▶ SOURCE MATERIAL
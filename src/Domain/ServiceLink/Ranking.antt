-- ===== src/Domain/ServiceLink/Ranking.antt =====
-- The ranked lists of related processes and services.
use instace_metric_collector.Common.{
  ℕ, ◌≤◌, Str, leb, ltb, leb→le, le→leb, Bool, true, List, [], ◌∷◌, map, length, take, keep,
  length-take, length-map, In, In-keep, In-keep_intro, In-map, In-map_intro, In-take, ◌≡◌, ◌⊎◌, inl,
  inr, arith, refl,
}
use instace_metric_collector.Common.Sort.{
  sort_by, IsPreorder, IsSorted, sort_by-IsSorted, In-sort_by, sort_by-In, take_top, IsSorted-take,
  Below,
}
use instace_metric_collector.Common.Floats.{Floats}
use instace_metric_collector.Api.Types.{ProcessInfo, ServiceInfo}
use instace_metric_collector.Domain.ServiceLink.{
  Entry, Scored, or_zero, entry, finish, process_not_after, service_not_after,
  score_service_process, find_processes_for_service, find_services_for_process,
}

-- What the two functions share: the best `limit` of the entries that pass, in the order `le`.
module _ {A : Type 0} (le : Entry A → Entry A → Bool) (score : A → ℕ) (items : List A)
    (limit least : ℕ) where
  abbrev candidates : List (Entry A)
  candidates = keep (λ e. leb least e.score) (map (entry score) items)

  abbrev ranked : List (Scored A)
  ranked = map finish (take limit (sort_by le candidates))

  ranked_sound :
      (r : Scored A)
      → In r ranked
      → In r.item items × (r.score ≡ score r.item) × (least ≤ r.score) × (r.likely ≡ ltb r.score 85)
  ranked_sound r m =
      let (e, k, p) = In-map finish (take limit (sort_by le candidates)) m in
      let (j, q) =
        In-keep (λ e. leb least e.score) (map (entry score) items)
          (sort_by-In le candidates (In-take limit _ k)) in
      let (a, i, s) = In-map (entry score) items j in
      rw (p, s) (i, refl, leb→le least (score a) (rw s at q), refl)

  length-ranked : length ranked ≤ limit
  length-ranked = omega (
    arith,
    length-map finish (take limit (sort_by le candidates)),
    length-take limit (sort_by le candidates),
  )

  ranked_best :
      (o : IsPreorder le) (r : Scored A) (a : A)
      → In r ranked
      → In a items
      → least ≤ score a
      → In (finish (entry score a)) ranked ⊎ (le (entry score r.item) (entry score a) ≡ true)
  ranked_best o r a m i h =
      let (e, k, p) = In-map finish (take limit (sort_by le candidates)) m in
      let (b, j, s) =
        In-map (entry score) items
          (In-keep (λ e. leb least e.score) (map (entry score) items)
            (sort_by-In le candidates (In-take limit _ k))).0 in
      let z : In (entry score a) candidates =
        In-keep_intro (λ e. leb least e.score) (map (entry score) items)
          (In-map_intro (entry score) items i) (le→leb least (score a) h) in
      elim (take_top le limit (sort_by le candidates) (sort_by-IsSorted le o candidates) k
        (In-sort_by le candidates z)) [
          | inl q ↦ inl (In-map_intro finish _ q)
          | inr q ↦ inr (rw (p, s) (rw s at q))
        ]

-- A listed entry as it was ranked.
abbrev pub unfinish : {A : Type 0} → Scored A → Entry A
unfinish r = record { item = r.item; score = r.score }

module _ {A : Type 0} (le : Entry A → Entry A → Bool) where
  Below-finish :
      (e : Entry A) (es : List (Entry A))
      → Below le e es
      → Below (λ a b. le (unfinish a) (unfinish b)) (finish e) (map finish es)
  Below-finish e [] h = tt
  Below-finish e (f ∷ es) (p, h) = (p, Below-finish e es h)

  IsSorted-finish :
      (es : List (Entry A))
      → IsSorted le es
      → IsSorted (λ a b. le (unfinish a) (unfinish b)) (map finish es)
  IsSorted-finish [] h = tt
  IsSorted-finish (e ∷ es) (b, h) = (Below-finish e es b, IsSorted-finish es h)

service_order : IsPreorder service_not_after
service_order = record { total = λ a b h. ground arith; trans = λ a b c h k. ground arith }

module _ {F : Type 0} ⦃fl : Floats F⦄ (o : IsPreorder fl.le) where
  process_order : IsPreorder (process_not_after {F = F})
  process_order = record {
    total = λ a b h. ground (arith, o.total (or_zero b.item.cpu_usage) (or_zero a.item.cpu_usage));
    trans = λ a b c h k. ground (
      arith,
      o.trans (or_zero c.item.cpu_usage) (or_zero b.item.cpu_usage) (or_zero a.item.cpu_usage),
    );
  }

module _ {F : Type 0} (lower : Str → Str) (proc : ProcessInfo F) (services : List ServiceInfo)
    (limit least : ℕ) where
  -- The services listed for a process are at most `limit` many; each is one of the given
  -- services, with its own score, which is no less than the least one, and marked likely exactly
  -- below 85.
  pub find_services_sound :
      (length (find_services_for_process lower proc services limit least) ≤ limit)
      × ((r : Scored ServiceInfo)
          → In r (find_services_for_process lower proc services limit least)
          → In r.item services
            × (r.score ≡ score_service_process lower r.item proc)
            × (least ≤ r.score)
            × (r.likely ≡ ltb r.score 85))
  unfolding find_services_for_process
  find_services_sound = (
    length-ranked service_not_after (λ s. score_service_process lower s proc) services limit least,
    ranked_sound service_not_after (λ s. score_service_process lower s proc) services limit least,
  )

  -- A service whose score is no less than the least one is listed, or scores no more than any
  -- service that is.
  pub find_services_best :
      (r : Scored ServiceInfo) (s : ServiceInfo)
      → In r (find_services_for_process lower proc services limit least)
      → In s services
      → least ≤ score_service_process lower s proc
      → In
          (finish (entry (λ s. score_service_process lower s proc) s))
          (find_services_for_process lower proc services limit least)
        ⊎ (score_service_process lower s proc ≤ score_service_process lower r.item proc)
  unfolding find_services_for_process
  find_services_best r s m i h =
      elim (ranked_best service_not_after (λ s. score_service_process lower s proc) services limit
        least service_order r s m i h) [ inl q ↦ inl q | inr q ↦ inr (leb→le _ _ q) ]

module _ {F : Type 0} ⦃fl : Floats F⦄ (o : IsPreorder fl.le) (lower : Str → Str)
    (service : ServiceInfo) (processes : List (ProcessInfo F)) (limit least : ℕ) where
  process_not_after-le :
      (a b : Entry (ProcessInfo F)) → process_not_after a b ≡ true → b.score ≤ a.score
  process_not_after-le a b h = ground arith

  -- The measured numbers being totally preordered, the processes listed for a service are at most
  -- `limit` many; each is one of the given processes, with its own score, which is no less than
  -- the least one, and marked likely exactly below 85; and they are in descending order of score,
  -- those of one score in descending order of CPU use.
  pub find_processes_sound :
      (length (find_processes_for_service lower service processes limit least) ≤ limit)
      × ((r : Scored (ProcessInfo F))
          → In r (find_processes_for_service lower service processes limit least)
          → In r.item processes
            × (r.score ≡ score_service_process lower service r.item)
            × (least ≤ r.score)
            × (r.likely ≡ ltb r.score 85))
      × IsSorted
          (λ a b. process_not_after (unfinish a) (unfinish b))
          (find_processes_for_service lower service processes limit least)
  unfolding find_processes_for_service
  find_processes_sound = (
    length-ranked process_not_after (score_service_process lower service) processes limit least,
    ranked_sound process_not_after (score_service_process lower service) processes limit least,
    IsSorted-finish process_not_after _ (
        IsSorted-take process_not_after limit _
          (sort_by-IsSorted process_not_after (process_order o) _)),
  )

  -- A process whose score is no less than the least one is listed for a service, or scores no
  -- more than any process that is, the measured numbers being totally preordered.
  pub find_processes_best :
      (r : Scored (ProcessInfo F)) (p : ProcessInfo F)
      → In r (find_processes_for_service lower service processes limit least)
      → In p processes
      → least ≤ score_service_process lower service p
      → In
          (finish (entry (score_service_process lower service) p))
          (find_processes_for_service lower service processes limit least)
        ⊎ (score_service_process lower service p ≤ score_service_process lower service r.item)
  unfolding find_processes_for_service
  find_processes_best r p m i h =
      elim (ranked_best process_not_after (score_service_process lower service) processes limit
        least (process_order o) r p m i h) [
          | inl q ↦ inl q
          | inr q ↦ inr (
              process_not_after-le (entry (score_service_process lower service) r.item)
                (entry (score_service_process lower service) p) q)
        ]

▶ ACTION ITEM
Out of the preceding entries, pull each line that contains the word "preordered".

▶ EXERCISE ANSWER
  -- The measured numbers being totally preordered, the processes listed for a service are at most
  -- more than any process that is, the measured numbers being totally preordered.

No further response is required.